В том же духе и следующее стихотворение:
Приманкой ласковых речей
Вам не лишить меня рассудка!
Конечно, многих вы милей,
Но вас любить – плохая шутка!
Вам не нужна любовь моя.
Не слишком заняты вы мною,
Не нежность – прихоть вашу я
Признаньем страстным успокою. <…>
С толпой соперников моих
Я состязаться не дерзаю
И превосходной силе их
Без битвы поле уступаю.
Разумеется, провозглашённый отказ любить только раззадорил завоевательницу писательских сердец. И её усилия не прошли даром, судя по следующему стихотворению Боратынского «Вы слишком многими любимы…»: оно настолько небрежно, угловато, не похоже на изящный стиль поэта, а тон такой раздражённый, что видно: Софье Дмитриевне всё же удалось оцарапать коготками и растревожить его сердце.
Петербургская весна
Отпуск Боратынского окончился, и он вернулся в Фридрихсгам, в расположение Нейшлотского полка.
В это время опять решалась его судьба: родственники и старая подруга Александры Фёдоровны А. Н. Бантыш-Каменская предприняли новую попытку добиться прощения у императора. Они надеялись на помощь президента Академии наук С. С. Уварова – и чтобы ввести его в курс дела, Евгений направил Уварову сведения о себе:
«Ваше превосходительство милостивый государь Сергей Семёнович. – Вы приказали доставить Вам записку об унтер-офицере Боратынском – с благодарностью исполняю ваше приказание. – Боратынский по выключении своём из пажеского корпуса вступил солдатом в гвардейский полк; через год произведён в унтер-офицеры и переведён в Нейшлотский пехотный. Теперь представлен своим начальством в прапорщики, но производство его зависит от высшего начальства. – Вот всё, что до него касается – следует то, что касается и Вашего превосходительства: возвратить человеку имя и свободу; возвратить его обществу и семейству; отдать ему самобытность, без которой гибнет душевная деятельность; одним словом: воскресить мёртвого. – Всё это Вы сделаете и всё это Вам возможно сделать. Я бы не осмелился говорить таким образом, ежели б Анна Николаевна не заставила меня почти веровать в Ваше превосходительство. – Приобщите к числу тех, которые Вам обязаны, ещё одного благодарного. – С глубочайшим почтением – честь имею быть Вашего превосходительства, – милостивый государь, покорнейшим слугою – Евгений Боратынский. – 1821-го года – марта 12 дня».
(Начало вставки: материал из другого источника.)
-- ===== src/Svchub/Alive/Death.antt =====
-- The end of a service, and its restart, keep the count of the live ones.
use mathlib.Core.Path.{subst}
use minibase.Base.{
  ℕ, suc, ◌+◌, ◌<◌, ◌≡◌, refl, sym, ap, ◌∙◌, Bool, true, false, not, ◌&&◌, arith, ◌==◌,
  if◌then◌else◌, Bool-cases, inl, inr, set, length, codes,
}
use minibase.Base.Int.{pos, is_neg, pred_ℤ}
use minibase.Svchub.State.{Flags, blank_proc, say, Top, Kernel, logged, proc_at}
use minibase.Svchub.Proc.{Ret, flush_ring_buf, spawn_proc, ran_long_enough, update_proc_time}
use minibase.Svchub.Ring.{close_proc}
use minibase.Svchub.Death.{mark_died, mark_stopped, report_dead, respawn, proc_died}
use minibase.Svchub.Alive.{
  has_process, one_if, count_alive, Counted, set-get_or, count_alive-set, Others, logged-Others,
  put-Others, without-Counted,
}
use minibase.Svchub.Alive.Steps.{
  close_proc-Others, flush_ring_buf-Others, notify_dead-Counted, Forks, Spawned, spawn_proc-Spawned,
}

mark_died-Counted :
    (c : Top) (i : ℕ) (f : Flags) (status : ℕ) → Others i f c → Counted (mark_died c i status)
mark_died-Counted c i f status h =
    let p = proc_at c i in
    without-Counted c i f (record p { flags = record (p.flags) { status = true }; pid = status }) h
      (no_status (not (status == 0)))
  where
    no_status : (b : Bool) → (b && false) ≡ false
    no_status true = refl
    no_status false = refl

if-Counted :
    (b : Bool) (x y : Top)
    → (b ≡ true → Counted x)
    → (b ≡ false → Counted y)
    → Counted (if b then x else y)
if-Counted true x y h k = h refl
if-Counted false x y h k = k refl

respawn-Counted :
    (k : Kernel) (c : Top) (i : ℕ) (f : Flags) (status : ℕ)
    → Others i f c
    → f.status ≡ false
    → Forks k
    → Counted (respawn k c i status)
unfolding respawn ran_long_enough update_proc_time
respawn-Counted k c i f status h on forks =
    if-Counted (proc_at c i).flags.once (mark_died c i status) _
      (λ once. mark_died-Counted c i f status h)
      (λ again.
        if-Counted (not long) (mark_died (logged timed (say (codes "not respawning"))) i status) _
          (λ soon.
            mark_died-Counted (logged timed (say (codes "not respawning"))) i f status
              (logged-Others timed i f (say (codes "not respawning")) clocked))
          (λ enough.
            if-Counted (is_neg tried.ret)
              (mark_died (logged tried.top (say (codes "cannot respawn"))) i status) tried.top
              (λ failed.
                mark_died-Counted (logged tried.top (say (codes "cannot respawn"))) i f status (
                  logged-Others tried.top i f (say (codes "cannot respawn"))
                    (subst (Others i f) (sym (spawned.failed failed)) clocked)))
              spawned.started))
  where
    long : Bool
    long = (ran_long_enough k c i).1

    timed : Top
    timed = (ran_long_enough k c i).0

    tried : Ret
    tried = spawn_proc k timed i

    clocked : Others i f timed
    clocked = put-Others c i f (record (proc_at c i) { time = k.now }) h h.flags_same

    spawned : Spawned timed (spawn_proc k timed i)
    spawned = spawn_proc-Spawned k timed i f clocked on forks

-- Where `nalive` is the number of services with a process, it is so again after one of them has died and
-- was forgotten, kept or started anew, unless a fork fails.
pub proc_died-Counted :
    (k : Kernel) (c : Top) (i status : ℕ)
    → i < length c.procs
    → has_process (proc_at c i) ≡ true
    → Forks k
    → Counted c
    → Counted (proc_died k c i status)
unfolding proc_died
proc_died-Counted k c i status valid alive forks h = elim (Bool-cases (proc_at c i).flags.killed) [
  | inl killed ↦ rw killed (
      notify_dead-Counted k (mark_stopped closed i) (proc_at c i).pid (
        without-Counted closed i f
          (record (proc_at closed i) {
            flags = record ((proc_at closed i).flags) { killed = false };
            pid = 0;
            time = 0;
          })
          others refl))
  | inr lost ↦ rw lost (elim (Bool-cases ((proc_at c i).flags.once && status == 0)) [
    | inl done ↦ rw done (
        without-Counted (flush_ring_buf k closed i).top i f blank_proc
          (flush_ring_buf-Others k closed i f others) refl)
    | inr failed ↦ rw failed (
        respawn-Counted k (logged closed (say (report_dead (proc_at closed i) status))) i f status
          (logged-Others closed i f (say (report_dead (proc_at closed i) status)) others) on forks)
  ])
]
  where
    f : Flags
    f = (proc_at c i).flags

    closed : Top
    closed = close_proc (record c { nalive = pred_ℤ c.nalive }) i

    on : f.status ≡ false
    on = ground arith

    one_more : count_alive c.procs ≡ suc (count_alive (set c.procs i blank_proc))
    one_more =
        ap count_alive (sym (set-get_or c.procs i))
        ∙ count_alive-set c.procs i (proc_at c i) valid
        ∙ ap (λ b. one_if b + count_alive (set c.procs i blank_proc)) alive
        ∙ omega arith

    one_less : pred_ℤ c.nalive ≡ pos (count_alive (set c.procs i blank_proc))
    one_less = ap pred_ℤ (h ∙ ap pos one_more)

    others : Others i f closed
    others =
        close_proc-Others (record c { nalive = pred_ℤ c.nalive }) i f
          record { valid = valid; counted = one_less; flags_same = refl }
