-- ===== src/Svchub/Alive/Idle.antt =====
-- A slot without a process, and what starting a service in it does to the count of the live ones.
use mathlib.Core.Path.{subst}
use minibase.Base.{
  ℕ, zero, suc, ◌+◌, ◌<◌, ◌≡◌, refl, sym, ap, ◌∙◌, false, List, [], ◌∷◌, none, arith, if◌then◌else◌,
  Bool-cases, Option-cases, inl, inr, get_or, get_or-set_self, set, length, length-set,
}
use minibase.Base.Int.{ℤ, pos, is_neg}
use minibase.Svchub.State.{
  Flags, Proc, blank_proc, Action, unmap_ring, Top, Kernel, logged, proc_at, put_proc,
}
use minibase.Svchub.Proc.{
  Ret, returns, then_do, has_ring, flush_ring_buf, spawn_proc, update_proc_time, restart_stopped,
}
use minibase.Svchub.Alive.{
  has_process, one_if, count_alive, Counted, set-set, set-get_or, count_alive-set, Others,
  logged-Others,
}
use minibase.Svchub.Alive.Steps.{Forks, spawn_proc-Spawned}

-- The slot `i` has no process and no exit status, and all the others are counted.
pub record Idle (i : ℕ) (c : Top) : Type 0 where
  pub others : Others i (proc_at c i).flags c
  pub no_pid : (proc_at c i).pid ≡ 0
  pub on : (proc_at c i).flags.status ≡ false

pub Counted-Others :
    (c : Top) (i : ℕ)
    → i < length c.procs
    → has_process (proc_at c i) ≡ false
    → Counted c
    → Others i (proc_at c i).flags c
Counted-Others c i valid dead h = record {
  valid = valid;
  counted =
      h
      ∙ ap pos (
          ap count_alive (sym (set-get_or c.procs i))
          ∙ count_alive-set c.procs i (proc_at c i) valid
          ∙ ap (λ b. one_if b + count_alive (set c.procs i blank_proc)) dead
          ∙ omega arith);
  flags_same = refl;
}

pub Idle-Counted : (c : Top) (i : ℕ) → Idle i c → Counted c
Idle-Counted c i h =
    let dead : has_process (proc_at c i) ≡ false = ground (arith, h.no_pid) in
    h.others.counted
    ∙ ap pos (
        sym (
          ap count_alive (sym (set-get_or c.procs i))
          ∙ count_alive-set c.procs i (proc_at c i) h.others.valid
          ∙ ap (λ b. one_if b + count_alive (set c.procs i blank_proc)) dead
          ∙ omega arith))

pub put-Idle :
    (c : Top) (i : ℕ) (f : Flags) (p : Proc)
    → Others i f c
    → p.pid ≡ 0
    → p.flags.status ≡ false
    → Idle i (put_proc c i p)
put-Idle c i f p h z on =
    let here = get_or-set_self c.procs i p blank_proc h.valid in
    record {
      others = record {
        valid = omega (arith, length-set c.procs i p, h.valid);
        counted =
            h.counted ∙ ap (λ ps. pos (count_alive ps)) (sym (set-set c.procs i p blank_proc));
        flags_same = refl;
      };
      no_pid = ap (λ q. q.pid) here ∙ z;
      on = ap (λ q. q.flags.status) here ∙ on;
    }

pub then_do-Counted :
    (r : Ret) (k : Top → ℤ → Ret)
    → Counted r.top
    → Counted (k r.top r.ret).top
    → Counted (then_do r k).top
then_do-Counted r k h g = elim (Bool-cases (is_neg r.ret)) [
  | inl failed ↦ rw failed h
  | inr passed ↦ rw passed g
]

count_alive-same :
    (ps : List Proc) (i : ℕ) (p : Proc)
    → has_process p ≡ has_process (get_or ps i blank_proc)
    → count_alive (set ps i p) ≡ count_alive ps
count_alive-same [] i p e = refl
count_alive-same (q ∷ ps) zero p e = ap (λ b. one_if b + count_alive ps) e
count_alive-same (q ∷ ps) (suc i) p e =
    ap (λ n. one_if (has_process q) + n) (count_alive-same ps i p e)

pub update_proc_time-Counted :
    (k : Kernel) (c : Top) (i : ℕ) → Counted c → Counted (update_proc_time k c i)
unfolding update_proc_time
update_proc_time-Counted k c i h =
    h ∙ ap pos (sym (count_alive-same c.procs i (record (proc_at c i) { time = k.now }) refl))

pub spawn_proc-Counted :
    (k : Kernel) (c : Top) (i : ℕ) → Idle i c → Forks k → Counted (spawn_proc k c i).top
spawn_proc-Counted k c i h forks =
    let spawned = spawn_proc-Spawned k c i (proc_at c i).flags h.others h.on forks in
    elim (Bool-cases (is_neg (spawn_proc k c i).ret)) [
      | inl failed ↦ subst Counted (sym (spawned.failed failed)) (Idle-Counted c i h)
      | inr started ↦ spawned.started started
    ]

logged-Idle : (c : Top) (i : ℕ) (a : Action) → Idle i c → Idle i (logged c a)
logged-Idle c i a h = record {
  others = logged-Others c i (proc_at c i).flags a h.others;
  no_pid = h.no_pid;
  on = h.on;
}

flush_ring_buf-Idle : (k : Kernel) (c : Top) (i : ℕ) → Idle i c → Idle i (flush_ring_buf k c i).top
unfolding flush_ring_buf
flush_ring_buf-Idle k c i h = elim (Option-cases (proc_at c i).ring) [
  | inl nothing ↦ rw (flush_ring_buf, nothing) h
  | inr (ring, something) ↦
      rw (flush_ring_buf, something)
        (elim (Bool-cases (is_neg k.unmap)) [
          | inl failed ↦ rw failed (
              logged-Idle _ i unmap_ring (
                put-Idle c i (proc_at c i).flags (record (proc_at c i) { ptr = 0 }) h.others
                  h.no_pid h.on))
          | inr unmapped ↦ rw unmapped (
              logged-Idle _ i unmap_ring (
                put-Idle c i (proc_at c i).flags (record (proc_at c i) { ring = none; ptr = 0 })
                  h.others h.no_pid h.on))
        ])
]

pub spawned_and_timed :
    (k : Kernel) (c : Top) (i : ℕ)
    → Idle i c
    → Forks k
    → Counted (then_do (spawn_proc k c i) (λ c2 ret. returns (update_proc_time k c2 i) ret)).top
spawned_and_timed k c i h forks =
    let started = spawn_proc-Counted k c i h forks in
    then_do-Counted (spawn_proc k c i) (λ c2 ret. returns (update_proc_time k c2 i) ret) started
      (update_proc_time-Counted k (spawn_proc k c i).top i started)

pub restart_stopped-Counted :
    (k : Kernel) (c : Top) (i : ℕ) → Idle i c → Forks k → Counted (restart_stopped k c i).top
unfolding restart_stopped
restart_stopped-Counted k c i h forks =
    then_do-Counted (if has_ring (proc_at c i) then flush_ring_buf k c i else returns c (pos 0))
      (λ c1 _. then_do (spawn_proc k c1 i) (λ c2 ret. returns (update_proc_time k c2 i) ret))
      (Idle-Counted _ i flushed) (spawned_and_timed k _ i flushed forks)
  where
    flushed :
        Idle i (if has_ring (proc_at c i) then flush_ring_buf k c i else returns c (pos 0)).top
    flushed = elim (Bool-cases (has_ring (proc_at c i))) [
      | inl some_output ↦ rw some_output (flush_ring_buf-Idle k c i h)
      | inr no_output ↦ rw no_output h
    ]
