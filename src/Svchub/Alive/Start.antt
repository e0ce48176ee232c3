-- ===== src/Svchub/Alive/Start.antt =====
-- Starting a service keeps the count of the live ones, whether it is new or known, or cannot be started.
use mathlib.Core.Path.{subst}
use minibase.Base.{
  ℕ, zero, suc, ◌+◌, ◌<◌, ◌≡◌, refl, sym, ◌∙◌, true, false, ◌||◌, List, [], ◌∷◌, Option, none, some,
  arith, ltb, leb, ◌==◌, ==_iff, Bool-cases, inl, inr, deref, get_or, length, Bytes,
}
use minibase.Base.Int.{ℤ, negsuc, is_neg}
use minibase.Svchub.State.{
  name_len, max_procs, no_flags, any_flag, StartFlags, Proc, blank_proc, Top, Kernel, proc_at,
  put_proc, enametoolong,
}
use minibase.Svchub.Proc.{
  Ret, returns, then_do, find_name_from, find_by_name, find_free_from, grab_found, grab_proc_slot,
  start_new, start_found, spawn_proc, update_proc_time, restart_proc, prep_and_start, start_proc,
}
use minibase.Svchub.Alive.{has_process, Counted, Others, without-Counted}
use minibase.Svchub.Alive.Steps.{Forks, spawn_proc-Spawned}
use minibase.Svchub.Alive.Idle.{
  Idle, Counted-Others, put-Idle, Idle-Counted, restart_stopped-Counted, spawned_and_timed,
}

-- The table has all its slots, and those that are free or have never been used have no process.
pub record Tidy (c : Top) : Type 0 where
  pub whole : length c.procs ≡ max_procs
  pub free : (i : ℕ) → any_flag (proc_at c i).flags ≡ false → (proc_at c i).pid ≡ 0
  pub past : (proc_at c c.nprocs).pid ≡ 0

no_process : (p : Proc) → p.pid ≡ 0 → has_process p ≡ false
no_process p z = ground arith

restart_proc-Counted :
    (k : Kernel) (c : Top) (i : ℕ) (flags : StartFlags)
    → i < length c.procs
    → Counted c
    → Forks k
    → Counted (restart_proc k c i flags).top
unfolding restart_proc
restart_proc-Counted k c i flags valid h forks = elim (Bool-cases (flags.once || flags.pass)) [
  | inl change ↦ rw change h
  | inr same ↦ rw same (elim (Bool-cases (proc_at c i).flags.status) [
    | inl dead ↦ rw dead (
        restart_stopped-Counted k _ i
          (put-Idle c i (proc_at c i).flags _ (Counted-Others c i valid (ground arith) h) refl refl)
          forks)
    | inr on ↦ rw on (elim (Bool-cases ((proc_at c i).pid == 0)) [
      | inl stopped ↦
          let z : (proc_at c i).pid ≡ 0 = (==_iff (proc_at c i).pid 0).0 stopped in
          rw stopped (
            restart_stopped-Counted k c i
              (record {
                others = Counted-Others c i valid (no_process (proc_at c i) z) h;
                no_pid = z;
                on = on;
              })
              forks)
      | inr busy ↦ rw busy h
    ])
  ])
]

find_name_from-valid :
    (ps : List Proc) (left i : ℕ) (name : Bytes) {j : ℕ}
    → find_name_from ps left i name ≡ some j
    → j < i + length ps
unfolding find_name_from
find_name_from-valid [] left i name e = cc e
find_name_from-valid (p ∷ ps) zero i name e = cc e
find_name_from-valid (p ∷ ps) (suc left) i name {j} e =
    ground (arith, find_name_from-valid ps left (i + 1) name {j = j})

-- the slot `i + skipped` is unused
record Free (ps : List Proc) (i j : ℕ) : Type 0 where
  skipped : ℕ
  place : j ≡ i + skipped
  within : skipped < length ps
  unused : any_flag (get_or ps skipped blank_proc).flags ≡ false

find_free_from-Free :
    (ps : List Proc) (left i : ℕ) {j : ℕ} → find_free_from ps left i ≡ some j → Free ps i j
unfolding find_free_from
find_free_from-Free [] left i e = cc e
find_free_from-Free (p ∷ ps) zero i e = cc e
find_free_from-Free (p ∷ ps) (suc left) i {j} e = elim (Bool-cases (any_flag p.flags)) [
  | inl used ↦
      let later = find_free_from-Free ps left (i + 1) {j = j} (rw used at e) in
      record {
        skipped = suc later.skipped;
        place = omega (arith, later.place);
        within = omega (arith, later.within);
        unused = later.unused;
      }
  | inr idle ↦
      let first : some i ≡ some j = rw idle at e in
      record { skipped = 0; place = ground arith; within = omega arith; unused = idle }
]

-- a slot without a process, in a state whose count is right
record Grabbed (c : Top) (i : ℕ) : Type 0 where
  valid : i < length c.procs
  no_pid : (proc_at c i).pid ≡ 0
  counted : Counted c

abbrev Grab : Option (Top × ℕ) → Type 0
Grab none = Unit {0}
Grab (some (c, i)) = Grabbed c i

grab_found-Grab :
    (c : Top) (o : Option ℕ)
    → Tidy c
    → Counted c
    → ((j : ℕ) → o ≡ some j → Free c.procs 0 j)
    → Grab (grab_found c o)
unfolding grab_found
grab_found-Grab c (some j) tidy h found =
    let slot = found j refl in
    let here : j ≡ slot.skipped = omega (arith, slot.place) in
    record {
      valid = omega (arith, slot.within);
      no_pid = tidy.free j (rw here slot.unused);
      counted = h;
    }
grab_found-Grab c none tidy h found = elim (Bool-cases (leb max_procs c.nprocs)) [
  | inl full ↦ rw full tt
  | inr room ↦
      rw room (record { valid = ground (arith, tidy.whole); no_pid = tidy.past; counted = h })
]

-- The count is right after the attempt, and where it failed, the slot is not counted.
record Prepared (i : ℕ) (r : Ret) : Type 0 where
  failed : is_neg r.ret ≡ true → Others i (proc_at r.top i).flags r.top
  counted : Counted r.top

prep_and_start-Prepared :
    (k : Kernel) (c : Top) (i : ℕ) (name : Bytes) (flags : StartFlags)
    → Grabbed c i
    → Forks k
    → Prepared i (prep_and_start k c i name flags)
unfolding prep_and_start
prep_and_start-Prepared k c i name flags g forks = elim (Bool-cases (ltb name_len (length name))) [
  | inl long ↦
      rw long
        (of_idle _ enametoolong (put-Idle c i (proc_at c i).flags blank_proc others refl refl))
  | inr short ↦
      rw short
        (record { failed = λ e. not_started e; counted = spawned_and_timed k fresh i idle forks })
]
  where
    others : Others i (proc_at c i).flags c
    others = Counted-Others c i g.valid (no_process (proc_at c i) g.no_pid) g.counted

    of_idle : (c' : Top) (ret : ℤ) → Idle i c' → Prepared i (returns c' ret)
    of_idle c' ret h = record { failed = λ e. h.others; counted = Idle-Counted c' i h }

    fresh : Top
    fresh = put_proc c i (record blank_proc {
      flags = record no_flags { in_use = true; once = flags.once; pass = flags.pass };
      fd = negsuc 0;
      name = name;
    })

    idle : Idle i fresh
    idle = put-Idle c i (proc_at c i).flags _ others refl refl

    timed : Top → ℤ → Ret
    timed c1 ret = returns (update_proc_time k c1 i) ret

    tried : Ret
    tried = spawn_proc k fresh i

    not_started :
        is_neg (then_do tried timed).ret ≡ true
        → Others i (proc_at (then_do tried timed).top i).flags (then_do tried timed).top
    not_started e = elim (Bool-cases (is_neg tried.ret)) [
      | inl failed ↦
          let same =
            (spawn_proc-Spawned k fresh i (proc_at fresh i).flags idle.others idle.on forks).failed
              failed in
          rw failed (subst (λ t. Others i (proc_at t i).flags t) (sym same) idle.others)
      | inr passed ↦ cc (sym passed ∙ rw passed at e)
    ]

start_new-Counted :
    (k : Kernel) (c : Top) (name : Bytes) (flags : StartFlags) (o : Option (Top × ℕ))
    → Counted c
    → Grab o
    → Forks k
    → Counted (start_new k c name flags o).top
unfolding start_new
start_new-Counted k c name flags none h g forks = h
start_new-Counted k c name flags (some (c1, i)) h g forks =
    let prepared = prep_and_start-Prepared k c1 i name flags g forks in
    let r = prep_and_start k c1 i name flags in
    elim (Bool-cases (is_neg r.ret)) [
      | inl failed ↦
          rw failed (
            without-Counted r.top i (proc_at r.top i).flags blank_proc (prepared.failed failed)
              refl)
      | inr started ↦ rw started prepared.counted
    ]

start_found-Counted :
    (k : Kernel) (c : Top) (name : Bytes) (flags : StartFlags) (o : Option ℕ)
    → Tidy c
    → Forks k
    → Counted c
    → ((j : ℕ) → o ≡ some j → j < length c.procs)
    → Counted (start_found k c name flags o).top
unfolding start_found grab_proc_slot
start_found-Counted k c name flags (some i) tidy forks h found =
    restart_proc-Counted k c i flags (found i refl) h forks
start_found-Counted k c name flags none tidy forks h found =
    start_new-Counted k c name flags (grab_proc_slot c) h
      (grab_found-Grab c (find_free_from c.procs c.nprocs 0) tidy h
        (λ j e. find_free_from-Free c.procs c.nprocs 0 e))
      forks

find_by_name-valid :
    (c : Top) (name : Bytes) (j : ℕ) → find_by_name c name ≡ some j → j < length c.procs
unfolding find_by_name
find_by_name-valid c name j e = elim (Bool-cases (deref name == 0)) [
  | inl empty ↦ cc (rw empty at e)
  | inr text ↦ omega (arith, find_name_from-valid c.procs c.nprocs 0 name (rw text at e))
]

-- Where `nalive` is the number of services with a process, and the unused slots have none, it is so again
-- after a service was started, anew or again, or could not be started, unless a fork fails.
pub start_proc-Counted :
    (k : Kernel) (c : Top) (name : Bytes) (flags : StartFlags)
    → Tidy c
    → Forks k
    → Counted c
    → Counted (start_proc k c name flags).top
unfolding start_proc
start_proc-Counted k c name flags tidy forks h =
    start_found-Counted k c name flags (find_by_name c name) tidy forks h
      (find_by_name-valid c name)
Неизвестно, что именно предпринял Уваров, но Анна Николаевна Бантыш-Каменская явно преувеличила его возможности: производства в офицеры не последовало. Николай Коншин вспоминал:
«Отказ о производстве ожесточил его, сколько добрая, младенческая душа его умела роптать, он роптал и досадовал <…>.
Уединенье, столь глубокое, как в Финляндии, испытывали мы, отчуждённые и по языку, и по характеру от жителей страны, оно поучительно; жизнь в себе самом есть жизнь умная <…>».
По-прежнему выручали стихи: вместо производства в прапорщики последовало другое производство. В апреле Боратынский получил письмо из Петербурга от секретаря Вольного общества любителей российской словесности А. А. Никитина: «Общество, отдавая должную справедливость трудам и усердию вашему и найдя представленные вами учёные произведения достойными особенного уважения <…> произвело вас <…> в Действительные Члены, будучи уверено, что вы в сем новом и важном звании потщитесь усугубить ревность свою в трудах сего сословия и оправдаете то выгодное мнение, какое оно о вас имеет<…>».
Боратынский ответил Никитину немедля: «Милостивый государь Андрей Афанасьевич. – Долгом себе поставляю изъявить мою признательность почтенному обществу, снисходительно избравшему меня в действительные свои члены. Ежели усердие и любовь к искусству обратили на меня лестное его внимание – я постараюсь оправдать выгодное обо мне мнение и не пощажу для того ни трудов, ни усилий. – Не смею сказать, что я не достоин сделанной мне чести. – Просвещённые судьи мои не способны ни к ошибкам, ни к пристрастию, и я подчиняю собственное моё мнение – мнению общества, как нельзя более для меня лестного. – С истинным почтением честь имею быть, милостивый государь, вашим покорнейшим слугою. – Е. Боратынский».
Тем временем судьба, по словам Коншина, готовила им праздник:
«<…> С одной почтой, ничего не обещавшей, неожиданно получает наша бригада повеленье: выступить в С. П. Бург для занятия караулов. Боратынский обрадовался этой новости, как дитя, обнимал всех нас с восторгом: нельзя 16-летней провинциалке живей обрадоваться неожиданному приглашению на бал. Память петербургской жизни не переставала волновать его огненную голову: он там оставил первую поэзию своей души, первых друзей, первую литературную известность, общество, кипящее деятельностью на стези учёного труда, всё, что греет и движет <…>». В апреле Нейшлотский полк прибыл в Парголово. На Выборгской дороге Боратынского встретили Дельвиг с Эртелем, и несколько дней все они праздновали неожиданное возвращение товарища.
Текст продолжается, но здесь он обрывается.